For others: You can try to enable ‘US international with dead keys’, which is one of the US keyboard variants, and see how that behaves. For me with XFCE, in works properly as it is using X11. You usually select the keyboard in the keyboard settings of your desktop environment.

You can also reach that with <AltGr>+<,>+<c>.

The (not-so) funny thing is that it’s working for the OP as well, unless the system language is Portuguese (Brasil).

The OP didn’t say that. By the way, the keyboard layout and language settings are independent.

That is what I understood from posts no. 1 and no. 3, corroborated with the information from the other post I have linked, where another user from Brazil is reporting a similar issue.

I know, I am on GNOME as well. But if I understand correctly, and kindly ask @caraecoroa to confirm, is that if a specific user has the system language set to Portuguese (Brasil), then the dead keys are not working properly, whereas if the system language is set to English (US), or even Portuguese (Portugal), then the dead keys are working as expected, using in both cases the same keyboard layout.

Correct. I ran into this issue only when my system language is set to Portuguese (Brazil). I kept using the same keyboard layout in all cases.

Sorry if I wasn’t clear enough.

1 Like

Ok, I found something weird.

I created the following .XCompose file:

<dead_acute> <C> : "Ç" "Ccedilla"
<dead_acute> <c> : "ç" "ccedilla"

Then I ran the gsettings set org.gnome.settings-daemon.plugins.xsettings overrides "{'Gtk/IMModule': <'ibus'>}" command and restarted the session.

This is the behavior I got:

1

Then I decided to comment out all the lines from the .XCompose file, then ran the same command and restarted the session.

This is the result:

2

The issue seems related to how ć or ç is inserted.

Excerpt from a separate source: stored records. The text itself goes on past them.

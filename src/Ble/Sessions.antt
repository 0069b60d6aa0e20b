-- ===== src/Ble/Sessions.antt =====
-- How one session of the BLE client ends.
use flipper_agent_indicator.Prelude.{
  ◌≡◌, ◌≢◌, refl, ◌∙◌, Bool, true, false, ◌||◌, List, [], ◌∷◌, none, some, arith, Option-cases, inl,
  inr,
}
use flipper_agent_indicator.Utf8.{Bytes}
use flipper_agent_indicator.Ble.{
  Client, next_frame, Reply, returns, raises, Progress, returned, Link, down, up, arrive, Round,
  waits, sends, fails, send_frame, pump_round, Ended, and_then, pump, World, connecting, serving,
  session,
}

-- The session gets as far as a connection.
unfoldable pub connects : World → Bool
connects w = elim (connecting w) [ none ↦ true | some e ↦ false ]

abbrev pub client_of : Ended → Client
client_of r = r.1

abbrev pub progress_of : Ended → Progress
progress_of r = r.2

and_then-ne-returned :
    (r : Round) (rest : Client → Ended)
    → ((c : Client) → progress_of (rest c) ≢ returned)
    → progress_of (and_then r rest) ≢ returned
unfolding and_then
and_then-ne-returned (waits c) rest h e = cc
and_then-ne-returned (fails x c) rest h e = cc
and_then-ne-returned (sends f c) rest h e = h c e

pump-ne-returned :
    (rounds : List (List Bytes × Link)) (c : Client) → progress_of (pump c rounds) ≢ returned
unfolding pump
pump-ne-returned [] c e = cc
pump-ne-returned ((arrivals, link) ∷ rounds) c e =
    and_then-ne-returned (pump_round c arrivals link) (λ c'. pump c' rounds)
      (pump-ne-returned rounds) e

serving-ne-returned :
    (c : Client) (r : Reply) (rounds : List (List Bytes × Link))
    → progress_of (serving c r rounds) ≢ returned
unfolding serving
serving-ne-returned c raises rounds e = cc
serving-ne-returned c returns rounds e = pump-ne-returned rounds c e

-- A session never ends by returning: it still runs, or an exception has ended it.
pub session-ne-returned : (c : Client) (w : World) → progress_of (session c w) ≢ returned
unfolding session
session-ne-returned c w e = elim (Option-cases (connecting w)) [
  | inl h ↦ serving-ne-returned _ w.subscribe w.rounds (rw (h, session) at e)
  | inr (x, h) ↦ cc (rw (h, session) at e)
]

-- The pump leaves `_had_success` alone.
abbrev round_client : Round → Client
round_client (waits c) = c
round_client (sends f c) = c
round_client (fails e c) = c

had_success-send_frame :
    (f : Bytes) (c : Client) (link : Link)
    → (round_client (send_frame f c link)).had_success ≡ c.had_success
unfolding send_frame
had_success-send_frame f c down = refl
had_success-send_frame f c (up meanwhile raises) = refl
had_success-send_frame f c (up meanwhile returns) = refl

had_success-next_frame :
    (c : Client) {f : Bytes} {c' : Client}
    → next_frame c ≡ some (f, c')
    → c'.had_success ≡ c.had_success
unfolding next_frame
had_success-next_frame c h = ground arith

had_success-arrive :
    (c : Client) (arrivals : List Bytes) → (arrive c arrivals).had_success ≡ c.had_success
unfolding arrive
had_success-arrive c arrivals = refl

had_success-pump_round :
    (c : Client) (arrivals : List Bytes) (link : Link)
    → (round_client (pump_round c arrivals link)).had_success ≡ c.had_success
unfolding pump_round
had_success-pump_round c arrivals link = elim (Option-cases (next_frame (arrive c arrivals))) [
  | inl e ↦ rw (e, pump_round) (had_success-arrive c arrivals)
  | inr ((f, c'), e) ↦
      rw (e, pump_round)
        (had_success-send_frame f c' link
          ∙ had_success-next_frame (arrive c arrivals) e
          ∙ (had_success-arrive c arrivals))
]

had_success-and_then :
    (r : Round) (rest : Client → Ended)
    → ((c : Client) → (client_of (rest c)).had_success ≡ c.had_success)
    → (client_of (and_then r rest)).had_success ≡ (round_client r).had_success
unfolding and_then
had_success-and_then (waits c) rest h = refl
had_success-and_then (fails e c) rest h = refl
had_success-and_then (sends f c) rest h = h c

had_success-pump :
    (rounds : List (List Bytes × Link)) (c : Client)
    → (client_of (pump c rounds)).had_success ≡ c.had_success
unfolding pump
had_success-pump [] c = refl
had_success-pump ((arrivals, link) ∷ rounds) c =
    had_success-and_then (pump_round c arrivals link) (λ c'. pump c' rounds)
      (had_success-pump rounds)
    ∙ had_success-pump_round c arrivals link

had_success-serving :
    (c : Client) (r : Reply) (rounds : List (List Bytes × Link))
    → (client_of (serving c r rounds)).had_success ≡ c.had_success
unfolding serving
had_success-serving c raises rounds = refl
had_success-serving c returns rounds = had_success-pump rounds c

-- Once a session has connected, `_had_success` stays set.
pub had_success-session :
    (c : Client) (w : World) → (client_of (session c w)).had_success ≡ (c.had_success || connects w)
unfolding session connects
had_success-session c w = elim (Option-cases (connecting w)) [
  | inl h ↦ rw (h, session, connects) (had_success-serving _ w.subscribe w.rounds ∙ (ground arith))
  | inr (x, h) ↦ rw (h, session, connects) (ground arith)
]
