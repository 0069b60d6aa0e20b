-- ===== src/Ble/Retry.antt =====
-- `run_forever`: what one session that ends makes of the loop.
use flipper_agent_indicator.Prelude.{
  min, refl, ◌+◌, ◌*◌, ◌≤◌, ◌<◌, ◌≡◌, ◌∙◌, Bool, true, false, ◌||◌, List, [], ◌∷◌, some, arith,
  Bool-cases, inl, inr, if◌then◌else◌, leb, leb→le,
}
use flipper_agent_indicator.Ble.{
  pause, SessionError, go_on, Client, Progress, waiting, returned, raised, World, session, Loop,
  sleep, exit, fail, session_end, in_session, exited, run_forever,
}
use flipper_agent_indicator.Ble.Sessions.{
  connects, client_of, progress_of, session-ne-returned, had_success-session,
}

-- The loop and the client agree on whether a session has connected, and failures were counted only
-- after that.
pub record IsLoop (l : Loop) (c : Client) : Type 0 where
  pub agree : c.had_success ≡ l.had_success
  pub few : l.failures < 3
  pub none_before : l.had_success ≡ false → l.failures ≡ 0

-- The loop after a session that failed and was followed by a sleep.
abbrev pub after_pause : Loop → World → Loop
after_pause l w = record l {
  backoff = min (l.backoff * 2) 30;
  had_success = l.had_success || connects w;
  failures = if l.had_success || connects w then l.failures + 1 else l.failures;
}

-- The three ways in which the first session of a run ends.
pub data Ending (l : Loop) (c : Client) (w : World) (ws : List World) : Type 0 where
  runs : run_forever l c (w ∷ ws) ≡ ([], in_session) → Ending l c w ws
  gives_up :
      run_forever l c (w ∷ ws) ≡ ([], exited)
      → (l.had_success || connects w) ≡ true
      → 3 ≤ l.failures + 1
      → Ending l c w ws
  sleeps :
      (c' : Client)
      → IsLoop (after_pause l w) c'
      → run_forever l c (w ∷ ws) ≡ (
        l.backoff ∷ (run_forever (after_pause l w) c' ws).0,
        (run_forever (after_pause l w) c' ws).1,
      )
      → Ending l c w ws

or_absorb : (a b : Bool) → (a || (a || b)) ≡ (a || b)
or_absorb true b = refl
or_absorb false b = refl

module _ (l : Loop) (c : Client) (w : World) (ws : List World) where
  next_client : Client
  next_client = client_of (session c w)

  run_waiting : progress_of (session c w) ≡ waiting → run_forever l c (w ∷ ws) ≡ ([], in_session)
  unfolding run_forever session_end go_on
  run_waiting e = rw e

  run_raised :
      (x : SessionError)
      → IsLoop l c
      → progress_of (session c w) ≡ raised x
      → run_forever l c (w ∷ ws)
        ≡ go_on
            (some (fail (record l { had_success = l.had_success || connects w })))
            (λ l'. run_forever l' next_client ws)
  unfolding run_forever session_end next_client
  run_raised x ok e =
      rw (e, had_success-session c w, ok.agree, or_absorb l.had_success (connects w))

  succeeded : IsLoop l c → next_client.had_success ≡ (l.had_success || connects w)
  unfolding next_client
  succeeded ok = rw (← ok.agree) (had_success-session c w)

  -- The loop with the success of this session noted.
  noted : Loop
  noted = record l { had_success = l.had_success || connects w }

  fail_early :
      (l.had_success || connects w) ≡ false → fail noted ≡ (after_pause l w, sleep l.backoff)
  unfolding fail pause noted
  fail_early h = rw h

  fail_again :
      (l.had_success || connects w) ≡ true
      → leb 3 (l.failures + 1) ≡ false
      → fail noted ≡ (after_pause l w, sleep l.backoff)
  unfolding fail pause noted
  fail_again h few = rw (h, few)

  fail_last :
      (l.had_success || connects w) ≡ true
      → leb 3 (l.failures + 1) ≡ true
      → fail noted ≡ (record noted { failures = l.failures + 1 }, exit)
  unfolding fail pause noted
  fail_last h many = rw (h, many)

  slept :
      (x : SessionError)
      → IsLoop l c
      → progress_of (session c w) ≡ raised x
      → fail noted ≡ (after_pause l w, sleep l.backoff)
      → IsLoop (after_pause l w) next_client
      → Ending l c w ws
  unfolding noted go_on
  slept x ok e f next = sleeps next_client next (run_raised x ok e ∙ rw f)

  raised_ending :
      (x : SessionError) → IsLoop l c → progress_of (session c w) ≡ raised x → Ending l c w ws
  unfolding noted go_on
  raised_ending x ok e = elim (Bool-cases (l.had_success || connects w)) [
    | inr h ↦
        let fresh : l.had_success ≡ false = ground arith in
        slept x ok e (fail_early h) (record {
          agree = succeeded ok;
          few = rw h ok.few;
          none_before = λ _. rw h (ok.none_before fresh);
        })
    | inl h ↦ elim (Bool-cases (leb 3 (l.failures + 1))) [
      | inl many ↦ gives_up (run_raised x ok e ∙ rw (fail_last h many)) h (leb→le _ _ many)
      | inr few ↦ slept x ok e (fail_again h few) (record {
        agree = succeeded ok;
        few = rw h (ground arith);
        none_before = λ no. cc (h, no);
      })
    ]
  ]

pub first_ending :
    (l : Loop) (c : Client) (w : World) (ws : List World) → IsLoop l c → Ending l c w ws
first_ending l c w ws ok = by_progress (progress_of (session c w)) refl
  where
    by_progress : (p : Progress) → progress_of (session c w) ≡ p → Ending l c w ws
    by_progress waiting e = runs (run_waiting l c w ws e)
    by_progress returned e = absurd (session-ne-returned c w e)
    by_progress (raised x) e = raised_ending l c w ws x ok e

I have the exact same issue. The dead keys don’t get canceled when pressing space. My keyboard layout is ‘US international with dead keys’ and the language/region is Portuguese/Brazil. I tested with ', ^, ~, and `

Note that changing the system language to English “fixes” this. Although not quite, since ` + c becomes ć instead of ç, as other pointed out
Unfortunately, unlike the guys from the other thread, I can’t rely on AltGr, as the english layout RAlt does not do the same as AltGr does in the portuguese layout. This is a regression that happened after the installation of the version 43.

# System Details Report
---

## Report details
- **Date generated:**                              2025-11-11 11:23:57

## Hardware Information:
- **Hardware Model:**                              Dell Inc. Dell G15 5520
- **Memory:**                                      40.0 GiB
- **Processor:**                                   12th Gen Intel® Core™ i5-12500H × 16
- **Graphics:**                                    Intel® Iris® Xe Graphics (ADL GT2)
- **Disk Capacity:**                               (null)

## Software Information:
- **Firmware Version:**                            1.35.0
- **OS Name:**                                     Fedora Linux 43 (Workstation Edition)
- **OS Build:**                                    (null)
- **OS Type:**                                     64-bit
- **GNOME Version:**                               49
- **Windowing System:**                            Wayland
- **Kernel Version:**                              Linux 6.17.7-300.fc43.x86_64

I did report this issue in fedora’s bugzilla and pointed to this discussion. See bug 2413790. I marked as libinput issue, but I’m not sure.